Factors influencing incidence and severity of IRIS in HIV include:

  • Severity of CD4 lymphopenia
  • Severity of existing opportunistic infection
  • Certain previous opportunistic infections
    • C. neoformans
      Cryptococcal meningitis.
    • P. jirovecii
      PJP.
    • TB
    • M. avium complex
    • CMV
      • Retinitis
    • HSV
    • VZV
    • Hepatitis
  • HIV viral load prior to commencing HAART
  • Rapid response to HAART

Pathophysiology

Underlying mechanisms are not fully understood, but include a rapid ↑ in immune function including:

  • Rapid change in T-helper responses
  • ↑ Lymphocyte proliferation
  • Pathogen specific delayed-hypersensitivity

Aetiology

IRIS requires both recovery from an immunosuppressed state and a precipitant:

  • Immunosuppressed states
    • Commencement of HAART for HIV
      IRIS occurs most commonly in the first six months of treatment. May occur in up to 30% of patients, though risk is lower if patients commence HAART prior to significant decline in CD4 counts.
    • Withdrawal of immunosuppression in solid organ transplant
    • Post-partum
      Risk in 3-6 weeks post-partum, as the immunosuppressed state of pregnancy resolves.
    • Resolution of Neutropenia
    • Withdrawal of TNF antagonists
  • Precipitant
    • Latent/opportunistic infections
      Classically:
      • TB
      • Mycobacterium avium
      • CMV
      • HSV
      • Hepatitis viruses
      • Cryptococcus neoformans
      • Pneumocystis jirovecii
    • Autoimmune diseases
      SLE, RA.

Clinical Features

Relate to the presenting symptoms of the precipitating illness.
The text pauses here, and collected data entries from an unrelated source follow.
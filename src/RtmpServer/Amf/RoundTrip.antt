-- ===== src/RtmpServer/Amf/RoundTrip.antt =====
-- AMF0 values in the form that the encoders of src/modules/rtmp_server/rtmp_server.c give their
-- parts, and that the decoder reads them back.
use mathlib.Core.Option
use strero.Prelude.{
  ℕ, zero, suc, ◌+◌, ◌*◌, ◌/◌, ◌%◌, ◌≤◌, ◌<◌, ◌≡◌, refl, ap, ◌∙◌, true, false, some, [], ◌∷◌, ◌++◌,
  append_assoc, ltb, length, length-append, take_short, take-append_length, drop-append_length,
  Bytes, has_prefix, has_prefix-append, arith,
}
use strero.RtmpServer.{be16, be32, read_be32}
use strero.RtmpServer.Amf.{
  Value, number, boolean, text, null, undefined, object, Properties, end, property,
  amf_encode_number, amf_encode_boolean, amf_encode_null, amf_encode_string,
  amf_encode_object_start, amf_encode_object_end, amf_decode_string, decode_number, decode_boolean,
  decode_scalar, amf_decode_value, amf_decode_object,
}

-- The encoding of a value, by the encoders; that of a property is a name behind its length and a
-- value.
unfoldable mutual
  pub encode_value : Value → Bytes
  encode_value (number n) = amf_encode_number n
  encode_value (boolean b) = amf_encode_boolean b
  encode_value (text s) = amf_encode_string (some s)
  encode_value null = amf_encode_null
  encode_value undefined = 6 ∷ []
  encode_value (object ps) = amf_encode_object_start ++ encode_properties ps

  pub encode_properties : Properties → Bytes
  encode_properties end = amf_encode_object_end
  encode_properties (property name v ps) =
      be16 (length name) ++ (name ++ (encode_value v ++ encode_properties ps))

-- Numbers of 64 bits, and strings and names whose length has 16.
abbrev mutual
  pub IsValue : Value → Type 0
  IsValue (number n) = n < 18446744073709551616
  IsValue (boolean b) = Unit
  IsValue (text s) = length s < 65536
  IsValue null = Unit
  IsValue undefined = Unit
  IsValue (object ps) = AreValues ps

  pub AreValues : Properties → Type 0
  AreValues end = Unit
  AreValues (property name v ps) = (length name < 65536) × IsValue v × AreValues ps

decode_string_lem :
    (s rest : Bytes)
    → length s < 65536
    → amf_decode_string (be16 (length s) ++ (s ++ rest)) ≡ some (s, rest)
unfolding amf_decode_string
decode_string_lem s rest fits =
    let size : length s / 256 % 256 * 256 + length s % 256 ≡ length s = omega arith in
    let enough : ltb (length (s ++ rest)) (length s) ≡ false =
      ground (arith, length-append s rest) in
    rw size (rw enough (rw (take-append_length s rest, drop-append_length s rest) refl))

decode_number_lem :
    (n : ℕ) (rest : Bytes)
    → n < 18446744073709551616
    → decode_number (be32 (n / 4294967296) ++ (be32 n ++ rest)) ≡ some (number n, rest)
unfolding decode_number
decode_number_lem n rest fits =
    let back : read_be32 (be32 (n / 4294967296) ++ (be32 n ++ rest)) 0 * 4294967296
          + read_be32 (be32 (n / 4294967296) ++ (be32 n ++ rest)) 4
        ≡ n =
      omega arith in
    let enough : ltb (length (be32 (n / 4294967296) ++ (be32 n ++ rest))) 8 ≡ false =
      ground arith in
    rw (enough, back) refl

-- A value does not begin like the end of an object.
not_marker_value :
    (v : Value) (later : Bytes) → has_prefix (9 ∷ []) (encode_value v ++ later) ≡ false
unfolding has_prefix encode_value encode_properties amf_encode_object_start amf_encode_null
    amf_encode_string amf_encode_boolean amf_encode_number
not_marker_value (number n) later = refl
not_marker_value (boolean b) later = refl
not_marker_value (text s) later = refl
not_marker_value null later = refl
not_marker_value undefined later = refl
not_marker_value (object ps) later = refl

not_marker :
    (name : Bytes) (v : Value) (later : Bytes)
    → length name < 65536
    → has_prefix (0 ∷ 0 ∷ 9 ∷ []) (be16 (length name) ++ (name ++ (encode_value v ++ later)))
      ≡ false
unfolding has_prefix
not_marker [] v later fits = not_marker_value v later
not_marker (c ∷ name) v later fits = ground arith

regroup : (a b c d : Bytes) → (a ++ (b ++ c)) ++ d ≡ a ++ (b ++ (c ++ d))
regroup a b c d = append_assoc a (b ++ c) d ∙ ap (λ l. a ++ l) (append_assoc b c d)

mutual
  unfolding encode_value encode_properties amf_encode_object_start amf_encode_object_end
      amf_encode_null amf_encode_string amf_encode_boolean amf_encode_number amf_decode_value
      amf_decode_object decode_scalar decode_boolean Option.bind

  decode_value_lem :
      (v : Value) (rounds : ℕ) (rest : Bytes)
      → IsValue v
      → length (encode_value v) ≤ rounds
      → amf_decode_value rounds (encode_value v ++ rest) ≡ some (v, rest)
  decode_value_lem (number n) zero rest fits h = elim h [ ]
  decode_value_lem (number n) (suc rounds) rest fits h = decode_number_lem n rest fits
  decode_value_lem (boolean true) zero rest fits h = elim h [ ]
  decode_value_lem (boolean true) (suc rounds) rest fits h = refl
  decode_value_lem (boolean false) zero rest fits h = elim h [ ]
  decode_value_lem (boolean false) (suc rounds) rest fits h = refl
  decode_value_lem (text s) zero rest fits h = elim h [ ]
  decode_value_lem (text s) (suc rounds) rest fits h =
      let short : length s % 65536 ≡ length s = omega arith in
      rw (short, take_short (length s) s (omega arith))
        (ap (Option.map (λ (o : Bytes × Bytes). (text o.0, o.1))) (decode_string_lem s rest fits))
  decode_value_lem null zero rest fits h = elim h [ ]
  decode_value_lem null (suc rounds) rest fits h = refl
  decode_value_lem undefined zero rest fits h = elim h [ ]
  decode_value_lem undefined (suc rounds) rest fits h = refl
  decode_value_lem (object ps) zero rest fits h = elim h [ ]
  decode_value_lem (object ps) (suc rounds) rest fits h =
      ap (Option.map (λ (o : Properties × Bytes). (object o.0, o.1)))
        (decode_object_lem ps rounds rest fits (omega arith))

  decode_object_lem :
      (ps : Properties) (rounds : ℕ) (rest : Bytes)
      → AreValues ps
      → length (encode_properties ps) ≤ rounds
      → amf_decode_object rounds (encode_properties ps ++ rest) ≡ some (ps, rest)
  decode_object_lem end zero rest fits h = elim h [ ]
  decode_object_lem end (suc rounds) rest fits h =
      rw (has_prefix-append (0 ∷ 0 ∷ 9 ∷ []) rest, amf_decode_object) refl
  decode_object_lem (property name v ps) zero rest fits h = elim h [ ]
  decode_object_lem (property name v ps) (suc rounds) rest fits h =
      let behind : Bytes = encode_properties ps ++ rest in
      let size : length (encode_properties (property name v ps))
          ≡ 2 + length name + length (encode_value v) + length (encode_properties ps) =
        omega (
          arith,
          length-append name (encode_value v ++ encode_properties ps),
          length-append (encode_value v) (encode_properties ps),
        ) in
      rw (regroup name (encode_value v) (encode_properties ps) rest) (
        rw (not_marker name v behind fits.0, amf_decode_object)
          (rw (decode_string_lem name (encode_value v ++ behind) fits.0) (
            rw (decode_value_lem v rounds behind fits.1 (omega arith))
              (rw (decode_object_lem ps rounds rest fits.2 (omega arith)) refl))))

-- Every value whose numbers have 64 bits and whose strings and names have fewer than 65536 bytes:
-- encoded with whatever bytes behind, `amf_decode_value` reads the same value and leaves those
-- bytes, objects within objects included.
pub amf_decode_value-encode_value :
    (v : Value) (rounds : ℕ) (rest : Bytes)
    → IsValue v
    → length (encode_value v) ≤ rounds
    → amf_decode_value rounds (encode_value v ++ rest) ≡ some (v, rest)
amf_decode_value-encode_value v rounds rest fits h = decode_value_lem v rounds rest fits h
Diagnostic Approach and DDx

Diagnosis is made clinically:

  • Improvement in immunological function
    • From a suitable nadir of immunosuppression
      • In HIV/AIDS a CD4 nadir of <100 cells/µl is usually required (or <200 for TB)
    • Adequate return of function

Differential is broad, and includes:

  • Progression of opportunistic infection for another reason
  • New opportunistic infection
  • Drug toxicity

Management

  • Treat underlying cause
  • Consider altering immunotherapy
  • Symptomatic relief

Specific therapy:

  • Pharmacological
    • Continue or consider adjusting HAART
    • Immunosuppression
      • Corticosteroids
        • Prednisolone 0.5-1mg/kg/day
      • Infliximab

Complications

  • HAART resistance
  • HAART compliance

Prognosis

Varies depending on the organ involvement:

  • Majority of cases are mild and self-limiting
  • CNS or pulmonary involvement may lead to death or severe neurological morbidity.

References

  1. Thapa S, Shrestha U. Immune Reconstitution Inflammatory Syndrome. [Updated 2022 May 10]. In: StatPearls [Internet]. Treasure Island (FL): StatPearls Publishing; 2022 Jan. 
  2. Wolfe C. Immune reconstitution inflammatory syndrome. In: UpToDate, Post TW (Ed), UpToDate, Waltham, MA. Accessed December 14, 2022.
  3. Nelson, Ann Marie, Yukari C. Manabe, and Sebastian B. Lucas. “Immune Reconstitution Inflammatory Syndrome (IRIS): What Pathologists Should Know.” Seminars in Diagnostic Pathology, Seminars Issue on HIV-related Disease, 34, no. 4 (July 1, 2017): 340–51. .
  4. Bersten, A. D., & Handy, J. M. (2018). Oh’s Intensive Care Manual. Elsevier Gezondheidszorg.